But as DIYer, we wouldn't have to worry about this as we could purchase exactly what is to spec/regulations and know it's done correctly.


As far as the OP title, my biggest issue with roof mounted is the cleaning and general maintenance of the panels. It's extremely difficult to do that when they are mounted up in the air like that, and steeper pitched roofs make it even more dangerous. But not everyone has large plots of land they can install the panels at ground level and space is a premium.
 
If the breakers are DC rated and properly sized for the current loads, then they do just that. These DC breakers have arc wicking shields internally to pull the arc away from the two main contacts.
This is the bit in the installation vid 30:26 that made me spit my dummy out. This is the Solar E kit supplied and its a standard roller turret quarter turn selector switch. There is no way that should ever be used for live load disconnect, no arc quenching inside its design. Not like the MCBs you are referring to. Company like SE is negligent in supply this type for this position. All too easy for Average Joe to think its a power breaker. Do you agree?
Screenshot 2024-03-08 142658.png
 
@Korishan , just had some info from my neighbours on solar panels
One guy had some installed and within a month it became a heavily populated place for roosting pigeons. The became a terrible pest spreading their shite everywhere as they do and also creating an unpleasant pile along the edges where they roosted. He had his panels removed.
Another, guy was sold a panel deal to resell power into the grid Utility, he quickly found that his output was nowhere near the claimed level and it would take 5-10 years before payback, plus the Utility kept manipulating the rates without notice or consent. He had those taken down and threatened the company with a misselling suit - he was a barrister - this was a Gov sponsored scheme quickly withdrawn.
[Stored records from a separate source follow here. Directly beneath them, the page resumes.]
-- ===== src/Prelude/Strings/Laws.antt =====
-- What cutting, splitting and trimming do to a text that lacks the separator.
use Prim.Native.Nat.{ℕ}
use mathlib.Core.Path.{◌≡◌, refl}
use mathlib.Core.Bool.{true, not}
use mathlib.Core.Option.{Option, none, some}
use mathlib.Core.List.{[], ◌∷◌, ◌++◌}
use native.Mathlib.Omega.{arith}
use k8s_cex_dra_driver.Prelude.Tests.{nat_beq}
use k8s_cex_dra_driver.Prelude.Equality.{Text, text_beq}
use k8s_cex_dra_driver.Prelude.Strings.{
  is_space, trim_left, trim_right, trim_space, has_prefix, trim_prefix, cut, split, all,
}

pub cut-append :
    (sep : ℕ) (s rest : Text)
    → all (λ c. not (nat_beq c sep)) s ≡ true
    → cut sep (s ++ (sep ∷ rest)) ≡ some (s, rest)
unfolding cut all
cut-append sep [] rest h = ground arith
cut-append sep (c ∷ s) rest h = ground (arith, cut-append sep s rest)

pub split-append :
    (sep : ℕ) (s rest : Text)
    → all (λ c. not (nat_beq c sep)) s ≡ true
    → split sep (s ++ (sep ∷ rest)) ≡ s ∷ split sep rest
unfolding split all
split-append sep [] rest h = ground arith
split-append sep (c ∷ s) rest h = ground (arith, split-append sep s rest)

trim_left-eq : (s : Text) → all (λ c. not (is_space c)) s ≡ true → trim_left s ≡ s
unfolding trim_left all
trim_left-eq [] h = refl
trim_left-eq (c ∷ s) h = ground arith

trim_right-eq : (s : Text) → all (λ c. not (is_space c)) s ≡ true → trim_right s ≡ s
unfolding trim_right all
trim_right-eq [] h = refl
trim_right-eq (c ∷ s) h = ground (arith, trim_right-eq s)

pub trim_space-eq : (s : Text) → all (λ c. not (is_space c)) s ≡ true → trim_space s ≡ s
unfolding trim_space
trim_space-eq s h = ground (arith, trim_left-eq s h, trim_right-eq s h)

pub all-append : (p : ℕ → _) (s t : Text) → all p s ≡ true → all p t ≡ true → all p (s ++ t) ≡ true
unfolding all
all-append p [] t h k = k
all-append p (c ∷ s) t h k = ground (arith, all-append p s t)

pub all_mono :
    (p q : ℕ → _) (s : Text) → ((c : ℕ) → p c ≡ true → q c ≡ true) → all p s ≡ true → all q s ≡ true
unfolding all
all_mono p q [] h k = refl
all_mono p q (c ∷ s) h k = ground (arith, all_mono p q s h, h c)

pub has_prefix-append : (p s : Text) → has_prefix (p ++ s) p ≡ true
unfolding has_prefix
has_prefix-append [] s = refl
has_prefix-append (c ∷ p) s = ground (arith, has_prefix-append p s)

pub trim_prefix-append : (p s : Text) → trim_prefix (p ++ s) p ≡ s
unfolding trim_prefix
trim_prefix-append [] s = refl
trim_prefix-append (c ∷ p) s = ground (arith, has_prefix-append p s, trim_prefix-append p s)

-- What `cut` finds, put together again, is the text, and the first part lacks the separator.
pub cut-eq_some :
    (sep : ℕ) (s a b : Text)
    → cut sep s ≡ some (a, b)
    → (s ≡ a ++ (sep ∷ b)) × (all (λ c. not (nat_beq c sep)) a ≡ true)
unfolding cut all
cut-eq_some sep [] a b h = ground arith
cut-eq_some sep (c ∷ s) a b h = go (cut-eq_some sep s) (cut sep s) refl
  where
    go :
        ((x y : Text)
          → cut sep s ≡ some (x, y)
          → (s ≡ x ++ (sep ∷ y)) × (all (λ c. not (nat_beq c sep)) x ≡ true))
        → (r : Option (Text × Text)) → cut sep s ≡ r
        → (c ∷ s ≡ a ++ (sep ∷ b)) × (all (λ c. not (nat_beq c sep)) a ≡ true)
    go ih none e = ground arith
    go ih (some (x, y)) e = ground (arith, ih x y e)

pub append-trim_prefix : (p s : Text) → has_prefix s p ≡ true → s ≡ p ++ trim_prefix s p
unfolding has_prefix trim_prefix
append-trim_prefix [] s h = refl
append-trim_prefix (c ∷ p) [] h = ground arith
append-trim_prefix (c ∷ p) (d ∷ s) h = ground (arith, append-trim_prefix p s)

-- The newline behind a text without white space is trimmed.
pub trim_right-newline :
    (s : Text) → all (λ c. not (is_space c)) s ≡ true → trim_right (s ++ (b'\n' ∷ [])) ≡ s
unfolding trim_right is_space text_beq all
trim_right-newline [] h = refl
trim_right-newline (c ∷ s) h = ground (arith, trim_right-newline s)
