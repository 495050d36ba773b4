-- ===== src/ApScanner/CardType.antt =====
-- The types of cards, as the kernel prints them: CEX, the generation, and a letter.
use k8s_cex_dra_driver.Prelude.{
  ℕ, suc, ◌^◌, ◌<◌, Text, [], ◌∷◌, ◌++◌, Bool, true, false, not, some, ◌≡◌, refl, ltb, length,
  length-append, drop, arith,
}
use mathlib.Core.List.{append_assoc}
use k8s_cex_dra_driver.Prelude.Int.{pos, format_int}
use k8s_cex_dra_driver.Prelude.Int.Decimal.{
  is_digit, format_int-all, format_int-StartsWithDigit, atoi-format_int,
}
use k8s_cex_dra_driver.Prelude.Strings.{bytes, all, is_space, has_prefix, trim_space, trim_left}
use k8s_cex_dra_driver.Prelude.Strings.Laws.{all_mono, all-append, trim_right-newline}
use k8s_cex_dra_driver.Sysfs.Mkvp.{cca, ep11}
use k8s_cex_dra_driver.ApScanner.{
  accel, split_last, card_type_of, type_and_generation, type_of_char,
}

pub data Kind : Type 0 where
  coprocessor secure_key accelerator : Kind

abbrev pub letter : Kind → ℕ
letter coprocessor = b'C'
letter secure_key = b'P'
letter accelerator = b'A'

abbrev pub type_of : Kind → Text
type_of coprocessor = cca
type_of secure_key = ep11
type_of accelerator = accel

-- The content of a card's `type` file
unfoldable pub print_type : ℕ → Kind → Text
print_type generation kind =
    b'C' ∷ b'E' ∷ b'X' ∷ (format_int (pos generation) ++ (letter kind ∷ b'\n' ∷ []))

split_last-snoc : (s : Text) (c : ℕ) → split_last (s ++ (c ∷ [])) ≡ some (s, c)
unfolding split_last
split_last-snoc [] c = refl
split_last-snoc (d ∷ s) c = rw (split_last-snoc s c) refl

abbrev not_space : ℕ → Bool
not_space c = not (is_space c)

trimmed : (g : ℕ) (k : Kind) → Text
trimmed g k = b'C' ∷ b'E' ∷ b'X' ∷ (format_int (pos g) ++ (letter k ∷ []))

trimmed-not_space : (g : ℕ) (k : Kind) → all not_space (trimmed g k) ≡ true
unfolding trimmed all is_space
trimmed-not_space g k =
    all-append not_space (b'C' ∷ b'E' ∷ b'X' ∷ format_int (pos g)) (letter k ∷ [])
      (all_mono is_digit not_space (format_int (pos g)) (λ c h. ground arith) (format_int-all g))
      (one k)
  where
    one : (k : Kind) → all not_space (letter k ∷ []) ≡ true
    one coprocessor = refl
    one secure_key = refl
    one accelerator = refl

trim_space-print_type : (g : ℕ) (k : Kind) → trim_space (print_type g k) ≡ trimmed g k
unfolding trim_space trim_left print_type trimmed is_space
trim_space-print_type g k =
    rw (← append_assoc (format_int (pos g)) (letter k ∷ []) (b'\n' ∷ []))
      (trim_right-newline (trimmed g k) (trimmed-not_space g k))

length-trimmed : (g : ℕ) (k : Kind) → ltb (length (trimmed g k)) 5 ≡ false
unfolding trimmed
length-trimmed g k =
    let (c, t, e, _) = format_int-StartsWithDigit g in
    let long : length (format_int (pos g)) ≡ suc (length t) = rw e refl in
    ground (arith, length-append (format_int (pos g)) (letter k ∷ []))

-- The type of every kind of card, of any generation of 63 bits, is read as the kernel prints it.
pub card_type_of-print_type :
    (generation : ℕ) (kind : Kind)
    → generation < 2 ^ 63
    → card_type_of (print_type generation kind) ≡ some (type_of kind, pos generation)
unfolding card_type_of trimmed has_prefix bytes drop
card_type_of-print_type generation kind h =
    rw
      (
        trim_space-print_type generation kind,
        length-trimmed generation kind,
        split_last-snoc (format_int (pos generation)) (letter kind),
        atoi-format_int generation h,
      )
      (lettered kind)
  where
    lettered :
        (kind : Kind)
        → type_and_generation (some (pos generation)) (type_of_char (letter kind))
          ≡ some (type_of kind, pos generation)
    lettered coprocessor = refl
    lettered secure_key = refl
    lettered accelerator = refl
Another wanting to sell his house was advised to have them removed as it was an old system and would create a negative issue with a surveyer. Yet another guy had a set of panels installed on his Company work shed, large system, supposed to save him on his significant electric bill during the day. His accountant advised that his power intake no way justified the capital cost of installation. He vowed never to install any such kit on his other workshops through out the uk. He reckons his partner was sold on grossly inflated power generation prospects vs annual maintenance cleaning which took up any cost savings he might have made from his electric bill. We had a lot of scams like that here a few years back.
The biggest public scandal was Thurrock Council who speculated of a £5million Solar Farm development - some 200 miles way across country. The power figures were grossly exagerated as were the annual running costs, cleaning, land maintenance, grass cutting, hedges, fencing etc. The Council is now bankrupt and owes £1million + gambling with public money and is trying to sell the farm. The Developer is basking in Monaco on the proceeds of a large management fee he charged.
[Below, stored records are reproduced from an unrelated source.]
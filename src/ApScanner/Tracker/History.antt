-- ===== src/ApScanner/Tracker/History.antt =====
-- The reading of a queue is a function of what was observed of it so far.
use k8s_cex_dra_driver.Prelude.{
  ℕ, ◌+◌, ◌≤◌, Text, List, [], ◌∷◌, true, ◌||◌, Option, none, some, ◌≡◌, ◌==◌, text_eq, leb, arith,
  if◌then◌else◌,
}
use k8s_cex_dra_driver.Prelude.Exec.{Result, ok, err}
use k8s_cex_dra_driver.Os.{Os, FilePath}
use k8s_cex_dra_driver.Sysfs.Mkvp.{Mkvps, MkvpError, cca, ep11, parse_mkvps, unknown_mkvps}
use k8s_cex_dra_driver.ApScanner.Tracker.{
  known, cached, unknown, Reading, QueueState, fresh, MkvpTracker, state_of, set_state, on_read,
  on_absent, mkvps_present, evaluate,
}

-- What one scan sees of a queue: no file to read, a read that fails, or one that succeeds.
pub data Observation : Type 0 where
  absent : Observation
  read_failed : MkvpError → Observation
  read_ok : Mkvps → Observation

unfoldable pub advance : Text → Observation → QueueState → Reading × QueueState
unfolding on_read on_absent
advance card_type absent state = (on_absent card_type state, state)
advance card_type (read_failed e) state = on_read card_type (err e) state
advance card_type (read_ok m) state = on_read card_type (ok m) state

abbrev of_result : Result MkvpError Mkvps → Observation
of_result (ok m) = read_ok m
of_result (err e) = read_failed e

module _ (os : Os) (driver : Text) (queue_path : FilePath) (card_type : Text) (w : os.World) where
  abbrev looked : os.World
  looked = (mkvps_present os driver queue_path w).1

  -- The observation that a scan makes, and the world after it.
  unfoldable pub observe : Observation × os.World
  observe =
      if (mkvps_present os driver queue_path w).0
      then (
        of_result (parse_mkvps os queue_path card_type looked).0,
        (parse_mkvps os queue_path card_type looked).1,
      )
      else (absent, looked)

  -- On a card type with master keys, `evaluate` advances the state of its own queue by what it
  -- observes, and changes no other queue of the tracker.
  pub evaluate-advance :
      (t : MkvpTracker) (apqn : Text)
      → (card_type == cca || card_type == ep11) ≡ true
      → let (o, w') = observe in
        let (reading, state) = advance card_type o (state_of t apqn) in
        evaluate os t apqn driver queue_path card_type w ≡ (reading, set_state t apqn state, w')
  unfolding evaluate observe advance
  evaluate-advance t apqn h = ground arith

-- Histories are listed with the latest observation first.
-- The patterns of the last successful read, if no more reads than the budget failed since: `n` of
-- them after the whole list.
unfoldable pub usable : ℕ → List Observation → Option Mkvps
usable n [] = none
usable n (absent ∷ history) = usable n history
usable n (read_failed e ∷ history) = usable (n + 1) history
usable n (read_ok m ∷ history) = if leb n 3 then some m else none

abbrev pub cached_or_unknown : Text → Option Mkvps → Reading
cached_or_unknown card_type (some m) = (m, cached)
cached_or_unknown card_type none = (unknown_mkvps card_type, unknown)

unfoldable pub reading_of : Text → List Observation → Reading
unfolding usable
reading_of card_type (read_ok m ∷ history) = (m, known)
reading_of card_type history = cached_or_unknown card_type (usable 0 history)

-- The state of a queue after a history.
unfoldable pub state_after : Text → List Observation → QueueState
state_after card_type [] = fresh
state_after card_type (o ∷ history) = (advance card_type o (state_after card_type history)).1

abbrev kept : QueueState → ℕ → Option Mkvps
kept state n = elim state.cache [
  | none ↦ none
  | some m ↦ if leb (state.fail_count + n) 3 then some m else none
]

abbrev WithinBudget : QueueState → Type 0
WithinBudget state = (m : Mkvps) → state.cache ≡ some m → state.fail_count ≤ 3

-- One call of `Evaluate` for a card with master keys.
pub record Call : Type 0 where
  pub apqn : Text
  pub driver : Text
  pub queue_path : FilePath
  pub card_type : Text

abbrev pub HasMasterKeys : Call → Type 0
HasMasterKeys c = (c.card_type == cca || c.card_type == ep11) ≡ true

-- The history of each queue.
abbrev pub Log : Type 0
Log = Text → List Observation

module _ (os : Os) where
  abbrev pub observed : Call → os.World → Observation × os.World
  observed c w = observe os c.driver c.queue_path c.card_type w

  abbrev pub add : Call → Log → os.World → Log
  add c log w j = if c.apqn == j then (observed c w).0 ∷ log j else log j

  -- The tracker, the histories and the world after some calls.
  unfoldable pub run : List Call → MkvpTracker → Log → os.World → MkvpTracker × Log × os.World
  run [] t log w = (t, log, w)
  run (c ∷ calls) t log w =
      let (_, t', w') = evaluate os t c.apqn c.driver c.queue_path c.card_type w in
      run calls t' (add c log w) w'

  abbrev Follows : MkvpTracker → Log → Type 0
  Follows t log = (card_type j : Text) → state_of t j ≡ state_after card_type (log j)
It seems you have matters much more tightly controlled across the pond and installations are inspected by a PE EE with additional training in solar systems 5star*****. Our system is rubbish by comparison.
 
This is all quite interesting (y) Actually, I never thought about the dangers of disconnecting the system under load, thanks for pointing that out. For me it's normal to switch everything off (in the right order) before doing maintenance, but it's not so obvious, you're right.
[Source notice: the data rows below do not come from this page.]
-- ===== src/Mdev.antt =====
-- internal/mdev/mdev.go: mediated devices under /sys/devices/vfio_ap/matrix. Log lines are left out.
pub mod Matrix
use k8s_cex_dra_driver.Prelude.{
  Text, List, [], ◌∷◌, ◌++◌, Bool, true, false, ◌&&◌, Option, none, some, Eq, ◌==◌, text_eq, ◌≡◌,
  ◌↔◌, arith, text_beq, text_beq_iff, if◌then◌else◌,
}
use k8s_cex_dra_driver.Prelude.Exec.{Result, ok, err, Exec, pure, wrap, map_err, is_ok, ◌>>=◌}
use k8s_cex_dra_driver.Prelude.Strings.{bytes, trim_space, cut, split}
use k8s_cex_dra_driver.Os.{Os, FilePath, IoError}

pub record Apqn : Type 0 where
  pub apid : Text
  pub apqi : Text

abbrev pub apqn_beq : Apqn → Apqn → Bool
apqn_beq a b = text_beq a.apid b.apid && text_beq a.apqi b.apqi

pub apqn_beq_iff : (a b : Apqn) → (apqn_beq a b ≡ true) ↔ (a ≡ b)
apqn_beq_iff a b = ground (arith, text_beq_iff a.apid b.apid, text_beq_iff a.apqi b.apqi)

instance abbrev pub apqn_eq : Eq Apqn
apqn_eq = record { beq = apqn_beq; beq_iff = apqn_beq_iff }

-- Errors of `ReadMatrix`: that of the read, or a line without a dot.
pub data MatrixError : Type 0 where
  matrix_io : IoError → MatrixError
  invalid_line : Text → MatrixError

pub data MdevError : Type 0 where
  create_error destroy_error : IoError → MdevError
  assign_adapter_error assign_domain_error assign_control_domain_error : IoError → MdevError

unfoldable pub vfio_ap_matrix_path : FilePath
vfio_ap_matrix_path = bytes "/sys/devices/vfio_ap/matrix" ∷ []

unfoldable pub attribute_path : Text → Text → FilePath
attribute_path uuid name = vfio_ap_matrix_path ++ (uuid ∷ name ∷ [])

unfoldable pub mdev_create_path : FilePath
mdev_create_path =
    vfio_ap_matrix_path
    ++ (bytes "mdev_supported_types" ∷ bytes "vfio_ap-passthrough" ∷ bytes "create" ∷ [])

-- The loop of `ReadMatrix` over the lines of the file.
unfoldable pub parse_lines : List Text → List Apqn → Result MatrixError (List Apqn)
parse_lines [] out = ok out
parse_lines (raw ∷ lines) out =
    let line = trim_space raw in
    let skipped = parse_lines lines out in
    if line == [] then skipped else elim (cut b'.' line) [
      | none ↦ err (invalid_line line)
      | some (apid, apqi) ↦ parse_lines lines (out ++ (record { apid = apid; apqi = apqi } ∷ []))
    ]

unfoldable pub parse_matrix : Text → Result MatrixError (List Apqn)
unfolding parse_lines
parse_matrix content = parse_lines (split b'\n' content) []

module _ (os : Os) where
  open os use {World, read_file, write_file, stat}

  -- `Exists` answers a Bool, and no error.
  unfoldable pub exists : Text → World → Bool × World
  exists uuid w = let (r, w') = stat (vfio_ap_matrix_path ++ (uuid ∷ [])) w in (is_ok r, w')

  unfoldable pub read_matrix : Text → Exec World MatrixError (List Apqn)
  read_matrix uuid = do
    content ← wrap matrix_io (read_file (attribute_path uuid (bytes "matrix")))
    λ w. (parse_matrix content, w)

  unfoldable pub create : Text → Exec World MdevError (Unit {0})
  create uuid = wrap create_error (write_file mdev_create_path uuid)

  unfoldable pub destroy : Text → Exec World MdevError (Unit {0})
  unfolding exists
  destroy uuid w =
      let (found, w') = exists uuid w in
      if found
      then wrap destroy_error (write_file (attribute_path uuid (bytes "remove")) (bytes "1")) w'
      else (ok tt, w')

  unfoldable pub assign_adapter : Text → Text → Exec World MdevError (Unit {0})
  assign_adapter uuid adapter =
      wrap assign_adapter_error
        (write_file (attribute_path uuid (bytes "assign_adapter")) (bytes "0x" ++ adapter))

  unfoldable pub assign_domain : Text → Text → Exec World MdevError (Unit {0})
  assign_domain uuid domain =
      wrap assign_domain_error
        (write_file (attribute_path uuid (bytes "assign_domain")) (bytes "0x" ++ domain))

  unfoldable pub assign_control_domain : Text → Text → Exec World MdevError (Unit {0})
  assign_control_domain uuid domain =
      wrap assign_control_domain_error
        (write_file (attribute_path uuid (bytes "assign_control_domain")) (bytes "0x" ++ domain))
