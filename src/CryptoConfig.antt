-- ===== src/CryptoConfig.antt =====
-- internal/cryptoconfig: the opaque device configuration and how its layers merge. The strict JSON
-- decoder of `encoding/json` is the parameter `decode`: the fields of the first value and whether
-- more data follows it, or `none` where it returns an error.
pub mod ControlDomain
pub mod Layers
use k8s_cex_dra_driver.Prelude.{
  ℕ, ◌+◌, Text, List, [], ◌∷◌, Bool, true, false, not, Option, none, some, ◌==◌, text_eq,
  if◌then◌else◌,
}
use k8s_cex_dra_driver.Prelude.Exec.{Result, ok, err, map_err}
use k8s_cex_dra_driver.Resource.{OpaqueConfig, AllocationConfig}
use k8s_cex_dra_driver.Prelude.Strings.{bytes}

unfoldable pub kind_value : Text
kind_value = bytes "CryptoConfig"

unfoldable pub api_version_value : Text
api_version_value = bytes "cex.ibm.com/v1alpha1"

unfoldable pub usage_only : Text
usage_only = bytes "usage-only"

unfoldable pub usage_and_control : Text
usage_and_control = bytes "usage-and-control"

unfoldable pub all_control_domains : Text
all_control_domains = bytes "all-control-domains"

pub record CryptoConfig : Type 0 where
  pub kind : Text
  pub api_version : Text
  pub control_domain_mode : Text

abbrev pub defaults : CryptoConfig
defaults = record {
  kind = kind_value;
  api_version = api_version_value;
  control_domain_mode = usage_and_control;
}

pub data ParseError : Type 0 where
  decode_error trailing_data : ParseError
  unexpected_kind unsupported_api_version : Text → ParseError

pub record Decoded : Type 0 where
  pub config : CryptoConfig
  pub more : Bool

-- The error of entry `config[i]`
pub data ResolveError : Type 0 where
  config_error : ℕ → ParseError → ResolveError

abbrev pub check_envelope : Decoded → Result ParseError CryptoConfig
check_envelope d =
    if d.more
    then err trailing_data
    else if not (d.config.kind == kind_value)
    then err (unexpected_kind d.config.kind)
    else if not (d.config.api_version == api_version_value)
    then err (unsupported_api_version d.config.api_version)
    else ok d.config

-- `merge` changes its receiver, which comes back here.
unfoldable pub merge : CryptoConfig → CryptoConfig → CryptoConfig
merge c o =
    if not (o.control_domain_mode == [])
    then record c { control_domain_mode = o.control_domain_mode }
    else c

module _ (decode : Text → Option Decoded) where
  unfoldable pub parse : Text → Result ParseError CryptoConfig
  parse raw = elim (decode raw) [ none ↦ err decode_error | some d ↦ check_envelope d ]

  abbrev pub matching : Text → AllocationConfig → Option Text
  matching driver_name none = none
  matching driver_name (some o) = if o.driver == driver_name then some o.raw else none

  -- The loop of `Resolve` from entry `i` on.
  unfoldable pub resolve_from :
      Text → ℕ → List AllocationConfig → CryptoConfig → Result ResolveError CryptoConfig
  resolve_from driver_name i [] effective = ok effective
  resolve_from driver_name i (c ∷ configs) effective = elim (matching driver_name c) [
    | none ↦ resolve_from driver_name (i + 1) configs effective
    | some raw ↦ elim (parse raw) [
      | err e ↦ err (config_error i e)
      | ok parsed ↦ resolve_from driver_name (i + 1) configs (merge effective parsed)
    ]
  ]

  unfoldable pub resolve : Text → List AllocationConfig → Result ResolveError CryptoConfig
  unfolding resolve_from
  resolve driver_name configs = resolve_from driver_name 0 configs defaults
I look at solar panels from another point of view: for me they're (nearly) maintenance-free. Sure, as for any other expensive piece of the house it may happen that something breaks or must be replaced. But because of where they're placed (away from people!) and for their simple design, the probability for them to break is very low compared to anything else in the house. In 4 years I rarely cleaned or touched the panels (and they always produce more or less the same current); the exposed cables right under the panels have lost some of their colour (the rest of the cabling travels in tubes). I clean them in summer if it rains sand, comes from the desert I suppose; I simply bought myself a 10ft pole (are they called "cableway poles"?).

I'm for off-grid solar because electric companies can change the contract anytime and I might not like the new conditions. In Italy they don't pay much for you the electricity you produce and if you need to buy it back, you'll pay it from 4 to 10 times more what they pay you.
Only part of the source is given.